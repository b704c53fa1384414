-- ===== src/Aggregate/Transactions/Repository.antt =====
-- transactions/repositories/memory.py and the `select` and `get` of abc.py.
--
-- The filters on ranges of `event_offset` and on `updated_at` are not modelled: no caller in the
-- package passes them.
pub mod Table
pub mod Lifecycle
use minos_python.Base.{
  ℕ, ◌+◌, Bool, true, false, not, ◌&&◌, Option, none, some, List, [], ◌∷◌, ◌==◌, if◌then◌else◌,
  unset_or, select_if, contains, Result, return, raise, Action,
}
use minos_python.Aggregate.Store.{
  Uuid, TransactionStatus, pending, reserving, reserved, committing, committed, rejected, is_status,
  status_in, TransactionEntry, Store, Environment, Error, transaction_conflict,
  transaction_not_found, Scope,
}

-- `self._storage.get(uuid)`
abbrev pub find_transaction : Uuid → List TransactionEntry → Option TransactionEntry
find_transaction u [] = none
find_transaction u (t ∷ ts) = if t.uuid == u then some t else find_transaction u ts

-- `self._storage[t.uuid] = t`: a `dict` keeps the place of a key that it has.
abbrev pub put_transaction : TransactionEntry → List TransactionEntry → List TransactionEntry
put_transaction t [] = t ∷ []
put_transaction t (x ∷ ts) = if x.uuid == t.uuid then t ∷ ts else x ∷ put_transaction t ts

-- The condition under which `_submit` raises, by the status stored before and the new one.
unfoldable pub is_invalid : TransactionStatus → TransactionStatus → Bool
is_invalid pending new = not (status_in new (pending ∷ reserving ∷ rejected ∷ []))
is_invalid reserving new = not (status_in new (reserved ∷ rejected ∷ []))
is_invalid reserved new = not (status_in new (committing ∷ rejected ∷ []))
is_invalid committing new = not (status_in new (committed ∷ []))
is_invalid committed new = true
is_invalid rejected new = true

-- `uuid in self._storage` and the status is invalid with respect to the stored one.
abbrev pub is_refused : Option TransactionEntry → TransactionStatus → Bool
is_refused none new = false
is_refused (some old) new = is_invalid old.status new

-- The copy that the storage keeps is built without `autocommit`, which is `True` by default.
abbrev pub stored_copy : TransactionEntry → TransactionEntry
stored_copy t = record t { autocommit = true }

-- `_submit`: the object itself gets the time also when the status is refused.
unfoldable pub submit : Environment → Action Scope Error Unit
submit env s =
    let now = env.current_datetime s.store.ticks in
    let t : TransactionEntry = record (s.self) { updated_at = some now } in
    let store : Store = record (s.store) { ticks = s.store.ticks + 1 } in
    if is_refused (find_transaction t.uuid store.transactions) t.status
    then (raise transaction_conflict, record { self = t; store = store })
    else (
      return tt,
      record {
        self = t;
        store = record store { transactions = put_transaction (stored_copy t) store.transactions };
      },
    )

-- The arguments of `select`; `none` is `None`.
pub record TransactionFilter : Type 0 where
  pub uuid : Option Uuid
  pub uuid_ne : Option Uuid
  pub uuid_in : Option (List Uuid)
  pub destination_uuid : Option Uuid
  pub status : Option TransactionStatus
  pub among : Option (List TransactionStatus)
  pub event_offset : Option ℕ

abbrev pub no_filter : TransactionFilter
no_filter = record {
  uuid = none;
  uuid_ne = none;
  uuid_in = none;
  destination_uuid = none;
  status = none;
  among = none;
  event_offset = none;
}

abbrev pub has_offset : Option ℕ → ℕ → Bool
has_offset none n = false
has_offset (some m) n = n == m

-- `_fn_filter`
unfoldable pub fn_filter : TransactionFilter → TransactionEntry → Bool
fn_filter f t =
    unset_or f.uuid (λ u. u == t.uuid)
    && (unset_or f.uuid_ne (λ u. not (u == t.uuid))
        && (unset_or f.uuid_in (contains t.uuid)
            && (unset_or f.destination_uuid (λ u. u == t.destination_uuid)
                && (unset_or f.status (λ st. is_status st t.status)
                    && (unset_or f.among (status_in t.status)
                        && unset_or f.event_offset (has_offset t.event_offset))))))

unfoldable pub select : TransactionFilter → Store → List TransactionEntry
select f s = select_if (fn_filter f) s.transactions

abbrev pub first_found : List TransactionEntry → Result Error TransactionEntry
first_found [] = raise transaction_not_found
first_found (t ∷ ts) = return t

-- `get`: the first entry of the selection by identifier.
unfoldable pub get_transaction : Uuid → Action Store Error TransactionEntry
unfolding select fn_filter
get_transaction u s = (first_found (select (record no_filter { uuid = some u }) s), s)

Exercise aim
Copy out all of the listing, exactly as it reads.

Exercise result
repository b704c53fa1384414
-- ===== src/Aggregate/Transactions/Repository.antt =====
-- transactions/repositories/memory.py and the `select` and `get` of abc.py.
--
-- The filters on ranges of `event_offset` and on `updated_at` are not modelled: no caller in the
-- package passes them.
pub mod Table
pub mod Lifecycle
use minos_python.Base.{
  ℕ, ◌+◌, Bool, true, false, not, ◌&&◌, Option, none, some, List, [], ◌∷◌, ◌==◌, if◌then◌else◌,
  unset_or, select_if, contains, Result, return, raise, Action,
}
use minos_python.Aggregate.Store.{
  Uuid, TransactionStatus, pending, reserving, reserved, committing, committed, rejected, is_status,
  status_in, TransactionEntry, Store, Environment, Error, transaction_conflict,
  transaction_not_found, Scope,
}

-- `self._storage.get(uuid)`
abbrev pub find_transaction : Uuid → List TransactionEntry → Option TransactionEntry
find_transaction u [] = none
find_transaction u (t ∷ ts) = if t.uuid == u then some t else find_transaction u ts

-- `self._storage[t.uuid] = t`: a `dict` keeps the place of a key that it has.
abbrev pub put_transaction : TransactionEntry → List TransactionEntry → List TransactionEntry
put_transaction t [] = t ∷ []
put_transaction t (x ∷ ts) = if x.uuid == t.uuid then t ∷ ts else x ∷ put_transaction t ts

-- The condition under which `_submit` raises, by the status stored before and the new one.
unfoldable pub is_invalid : TransactionStatus → TransactionStatus → Bool
is_invalid pending new = not (status_in new (pending ∷ reserving ∷ rejected ∷ []))
is_invalid reserving new = not (status_in new (reserved ∷ rejected ∷ []))
is_invalid reserved new = not (status_in new (committing ∷ rejected ∷ []))
is_invalid committing new = not (status_in new (committed ∷ []))
is_invalid committed new = true
is_invalid rejected new = true

-- `uuid in self._storage` and the status is invalid with respect to the stored one.
abbrev pub is_refused : Option TransactionEntry → TransactionStatus → Bool
is_refused none new = false
is_refused (some old) new = is_invalid old.status new

-- The copy that the storage keeps is built without `autocommit`, which is `True` by default.
abbrev pub stored_copy : TransactionEntry → TransactionEntry
stored_copy t = record t { autocommit = true }

-- `_submit`: the object itself gets the time also when the status is refused.
unfoldable pub submit : Environment → Action Scope Error Unit
submit env s =
    let now = env.current_datetime s.store.ticks in
    let t : TransactionEntry = record (s.self) { updated_at = some now } in
    let store : Store = record (s.store) { ticks = s.store.ticks + 1 } in
    if is_refused (find_transaction t.uuid store.transactions) t.status
    then (raise transaction_conflict, record { self = t; store = store })
    else (
      return tt,
      record {
        self = t;
        store = record store { transactions = put_transaction (stored_copy t) store.transactions };
      },
    )

-- The arguments of `select`; `none` is `None`.
pub record TransactionFilter : Type 0 where
  pub uuid : Option Uuid
  pub uuid_ne : Option Uuid
  pub uuid_in : Option (List Uuid)
  pub destination_uuid : Option Uuid
  pub status : Option TransactionStatus
  pub among : Option (List TransactionStatus)
  pub event_offset : Option ℕ

abbrev pub no_filter : TransactionFilter
no_filter = record {
  uuid = none;
  uuid_ne = none;
  uuid_in = none;
  destination_uuid = none;
  status = none;
  among = none;
  event_offset = none;
}

abbrev pub has_offset : Option ℕ → ℕ → Bool
has_offset none n = false
has_offset (some m) n = n == m

-- `_fn_filter`
unfoldable pub fn_filter : TransactionFilter → TransactionEntry → Bool
fn_filter f t =
    unset_or f.uuid (λ u. u == t.uuid)
    && (unset_or f.uuid_ne (λ u. not (u == t.uuid))
        && (unset_or f.uuid_in (contains t.uuid)
            && (unset_or f.destination_uuid (λ u. u == t.destination_uuid)
                && (unset_or f.status (λ st. is_status st t.status)
                    && (unset_or f.among (status_in t.status)
                        && unset_or f.event_offset (has_offset t.event_offset))))))

unfoldable pub select : TransactionFilter → Store → List TransactionEntry
select f s = select_if (fn_filter f) s.transactions

abbrev pub first_found : List TransactionEntry → Result Error TransactionEntry
first_found [] = raise transaction_not_found
first_found (t ∷ ts) = return t

-- `get`: the first entry of the selection by identifier.
unfoldable pub get_transaction : Uuid → Action Store Error TransactionEntry
unfolding select fn_filter
get_transaction u s = (first_found (select (record no_filter { uuid = some u }) s), s)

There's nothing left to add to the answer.